Look through the records below for the line with "line × (line ≢ [])" and the line with "env.boost n) hs", then return those lines and all lines between, exactly.

══ RECORDS FOR PROCESSING

-- ===== src/Parser/Feed/WholeContent.antt =====
-- webcc/parser.cc: content whose length is known, or that is not there, is read.
use mathlib.Core.Path.{subst}
use devops_workshop.Http.Globals.{invalid_length}
use devops_workshop.Http.Message.{set_content}
use devops_workshop.Parser.State.{Parser, Env, Outcome, ok, reject, finish, store_content}
use devops_workshop.Parser.Body.{filled, finish_if_full, parse_fixed_content}
use devops_workshop.Parser.Body.Fixed.{fixed-open}
use devops_workshop.Parser.Feed.Expected.{Seen, seen}
use devops_workshop.Parser.Feed.Fields.{Looks, Ended, HasNoParts}
use devops_workshop.Prelude.{
  ℕ, ◌≡◌, inl, inr, refl, sym, ap, ◌∙◌, Bool, true, false, not, ◌&&◌, [], ◌∷◌, ◌++◌, append-nil,
  arith, length, leb, ◌==◌, if◌then◌else◌, Bool-cases,
}
use devops_workshop.Bytes.{Text}

-- The message is complete, with what its start line gives, and with its content, and no parts of a form
-- are read.
abbrev pub IsRead : Seen → Text → Outcome → Type 0
IsRead s content (ok q) =
    (q.finished ≡ true) × (seen q ≡ s) × (q.request.message.content ≡ content) × HasNoParts q
IsRead s content _ = ⊥

module _ (env : Env) where
  store_content-IsRead :
      (s : Seen) (c : Text) (p : Parser)
      → p.finished ≡ true
      → seen p ≡ s
      → p.request.message.content ≡ []
      → HasNoParts p
      → IsRead s c (ok (store_content env.boost c p))
  unfolding set_content
  store_content-IsRead s [] p f t e n = (f, t, e, n)
  store_content-IsRead s (x ∷ c) p f t e n = (f, t, refl, n)

  finish-IsRead :
      (s : Seen) (p : Parser)
      → seen p ≡ s
      → p.request.message.content ≡ []
      → HasNoParts p
      → IsRead s p.content (finish env.boost p)
  unfolding finish
  finish-IsRead s p t e n =
      store_content-IsRead s p.content (record p { finished = true }) refl t e n

  pub known_length : (a n : ℕ) → env.can_reserve n ≡ true → a ≡ n → (a == invalid_length) ≡ false
  known_length a n m e = ground (arith, env.reserve_limit n m)

  full_finishes :
      (p : Parser) (n : ℕ)
      → env.can_reserve n ≡ true
      → p.content_length ≡ n
      → length p.content ≡ n
      → finish_if_full env.boost p ≡ finish env.boost p
  full_finishes p n m e f =
      ap (λ b. if b then finish env.boost p else ok p)
        (full p.content_length (length p.content) n m e f)
    where
      full :
          (a b n : ℕ)
          → env.can_reserve n ≡ true
          → a ≡ n
          → b ≡ n
          → not (a == invalid_length) && leb a b ≡ true
      full a b n m e f = ground (arith, known_length a n m e)

  unknown_finishes :
      (p : Parser)
      → p.content_length_parsed ≡ false
      → parse_fixed_content env.boost [] p ≡ finish env.boost p
  unfolding parse_fixed_content
  unknown_finishes p f =
      ap
        (λ b.
          if not b
          then finish env.boost p
          else if p.content_length == invalid_length
          then reject p
          else finish_if_full env.boost (filled [] p))
        f

  pub fixed-IsRead :
      (s : Looks) (content : Text) (b : Bool) (q : Parser)
      → env.can_reserve (length content) ≡ true
      → (b ≡ false → content ≡ [])
      → Ended env (length content) s content b (ok q)
      → IsRead s.0 content (parse_fixed_content env.boost [] q)
  fixed-IsRead s content b q m k ((h, (u, c, e, t, o, l), r, g)) =
      elim (Bool-cases q.content_length_parsed) [
        | inl f ↦
            let all : (q.content ++ q.pending) ++ [] ≡ content =
              append-nil (q.content ++ q.pending) ∙ ap (λ x. x ++ q.pending) c ∙ r in
            let known : q.content_length ≡ length content = l f in
            subst (IsRead s.0 content)
              (sym (
                fixed-open env.boost [] q
                  (f, known_length q.content_length (length content) m known)
                ∙ full_finishes (filled [] q) (length content) m known (ap length all)))
              (subst (λ x. IsRead s.0 x (finish env.boost (filled [] q))) all
                (finish-IsRead s.0 (filled [] q) t e o.1))
        | inr f ↦ subst (IsRead s.0 content) (sym (unknown_finishes q f)) (
            subst (λ x. IsRead s.0 x (finish env.boost q)) (c ∙ sym (k (sym g ∙ f)))
              (finish-IsRead s.0 q t e o.1))
      ]
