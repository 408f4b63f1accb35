-- ===== src/Parser/Feed/Whole.antt =====
-- webcc/parser.cc and message.cc: a message that is written is read, given how its start line is.
use mathlib.Core.Path.{subst}
use devops_workshop.Http.Globals.{crlf}
use devops_workshop.Http.Headers.{Headers}
use devops_workshop.Http.Content.{no_content_type}
use devops_workshop.Http.Message.{Message, prepare, copy_payload}
use devops_workshop.Parser.State.{
  Parser, Kind, of_request, of_response, Env, Outcome, ok, reject, throws, spent, ◌>>=◌, new_parser,
  with_message,
}
use devops_workshop.Parser.HeaderLines.{take_line, round, headers_loop, unerased}
use devops_workshop.Parser.Body.{parse_fixed_content, parse_chunked_content}
use devops_workshop.Parser.Feed.{
  multipart_fuel, takes_parts, parse_content, content_if_ended, parse,
}
use devops_workshop.Parser.Feed.WholeContent.{IsRead, fixed-IsRead}
use devops_workshop.Parser.Multipart.{parse_multipart_content}
use devops_workshop.Parser.Feed.Expected.{Seen, in_parts, written, IsField, announces, declared}
use devops_workshop.Parser.Feed.Fields.{Looks, At, Ended, headers_loop-Ended, round_line}
use devops_workshop.Prelude.{
  ℕ, suc, ◌≤◌, ◌≡◌, ◌≢◌, refl, sym, ap, ◌∙◌, Bool, true, false, ◌||◌, [], ◌∷◌, ◌++◌, arith, length,
  length-append, if◌then◌else◌, All,
}
use devops_workshop.Bytes.{Text, Lacks, codes, next_line_lem}

-- a parser that has taken a start line
abbrev pub begun : Text → Text → Parser
begun line pending = record (with_message (λ m. record m { start_line = line }) new_parser) {
  start_line_parsed = true;
  pending = pending;
}

written-length : (hs : Headers) (content : Text) → length hs ≤ length (written hs content)
written-length [] content = omega arith
written-length ((name, value) ∷ hs) content = omega (
  arith,
  written-length hs content,
  length-append name (codes ": " ++ (value ++ (crlf ++ written hs content))),
  length-append value (crlf ++ written hs content),
)

takes_parts-in_parts :
    (env : Env) (k : Kind) (p : Parser)
    → takes_parts env k p ≡ in_parts k p.request.message.content_type
takes_parts-in_parts env of_request p = refl
takes_parts-in_parts env of_response p = refl

or_false : (b : Bool) → b || false ≡ false → b ≡ false
or_false true e = cc
or_false false e = refl

module _ (env : Env) where
  -- The headers are read, and then the content.
  Ended-IsRead :
      (s : Looks) (content : Text) (b : Bool) (pending : Text) (o : Outcome)
      → env.can_reserve (length content) ≡ true
      → (b ≡ false → content ≡ [])
      → in_parts env.kind s.1 ≡ false
      → Ended env (length content) s content b o
      → IsRead s.0 content (unerased pending o >>= content_if_ended env)
  unfolding parse_content
  Ended-IsRead s content b pending (ok q) m k i h =
      let (ended, (unchunked, c, d, e, parts, l), r, g) = h in
      subst (IsRead s.0 content)
        (sym (
          ap (λ c. if c then parse_content env [] q else ok q) ended
          ∙ ap
              (λ c.
                if c
                then parse_chunked_content env.boost [] q
                else if takes_parts env env.kind q
                then parse_multipart_content env.boost (multipart_fuel env [] q) [] q
                else parse_fixed_content env.boost [] q)
              unchunked
          ∙ ap
              (λ c.
                if c
                then parse_multipart_content env.boost (multipart_fuel env [] q) [] q
                else parse_fixed_content env.boost [] q)
              (takes_parts-in_parts env env.kind q ∙ ap (in_parts env.kind) parts.0 ∙ i)))
        (fixed-IsRead env s content b q m k h)
  Ended-IsRead s content b pending (reject q) m k i h = absurd h
  Ended-IsRead s content b pending throws m k i h = absurd h
  Ended-IsRead s content b pending spent m k i h = absurd h

  -- The loop over the lines of a whole message, whose start line leads to `q`.
  pub started-Ended :
      (s : Seen) (n : ℕ) (line content : Text) (hs : Headers) (q : Parser)
      → Lacks 13 line × (line ≢ [])
      → take_line env line (record new_parser { pending = written hs content }) ≡ ok q
      → At env n (s, no_content_type) q
      → q.pending ≡ written hs content
      → q.content_length_parsed ≡ false
      → All (IsField env.boost n) hs
      → env.can_reserve n ≡ true
      → Ended env n
          (s, declared env.boost no_content_type hs)
          content
          (announces env.boost hs || false)
          (headers_loop env
            (suc (length (line ++ 13 ∷ 10 ∷ written hs content)))
            (record new_parser { pending = line ++ 13 ∷ 10 ∷ written hs content }))
  unfolding headers_loop
  started-Ended s n line content hs q i t a r k w m =
      let all = line ++ 13 ∷ 10 ∷ written hs content in
      let loop = headers_loop env (length all) in
      let p = record new_parser { pending = all } in
      let known = announces env.boost hs in
      let end : Looks = (s, declared env.boost no_content_type hs) in
      subst (Ended env n end content (known || false))
        (sym (
          ap (λ o. round env loop o p) (next_line_lem line (written hs content) i.0)
          ∙ round_line env (length content) loop line (written hs content) p i.1
          ∙ ap (λ o. o >>= loop) t))
        (subst (λ b. Ended env n end content (known || b) (loop q)) k
          (headers_loop-Ended env n (s, no_content_type) content hs (length all) q
            (omega
              (arith, length-append line (13 ∷ 10 ∷ written hs content), written-length hs content))
            m w a r))

  -- What `Prepare` writes of a message is read as a whole, if its start line is read.
  pub prepared-IsRead :
      (s : Seen) (m : Message) (q : Parser)
      → Lacks 13 m.start_line × (m.start_line ≢ [])
      → take_line env m.start_line (record new_parser { pending = written m.headers m.content })
        ≡ ok q
      → At env (length m.content) (s, no_content_type) q
      → q.pending ≡ written m.headers m.content
      → q.content_length_parsed ≡ false
      → All (IsField env.boost (length m.content)) m.headers
      → (announces env.boost m.headers ≡ false → m.content ≡ [])
      → env.can_reserve (length m.content) ≡ true
      → in_parts env.kind (declared env.boost no_content_type m.headers) ≡ false
      → IsRead s m.content (parse env (copy_payload (prepare m)) new_parser)
  unfolding prepare copy_payload parse
  prepared-IsRead s m q i t a r k w z v n =
      let all = m.start_line ++ 13 ∷ 10 ∷ written m.headers m.content in
      Ended-IsRead (s, declared env.boost no_content_type m.headers) m.content
        (announces env.boost m.headers || false) all
        (headers_loop env (suc (length all)) (record new_parser { pending = all })) v
        (λ f. z (or_false _ f)) n
        (started-Ended s (length m.content) m.start_line m.content m.headers q i t a r k w v)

════

SOLVED EXERCISE:
      → Lacks 13 line × (line ≢ [])
      → take_line env line (record new_parser { pending = written hs content }) ≡ ok q
      → At env n (s, no_content_type) q
      → q.pending ≡ written hs content
      → q.content_length_parsed ≡ false
      → All (IsField env.boost n) hs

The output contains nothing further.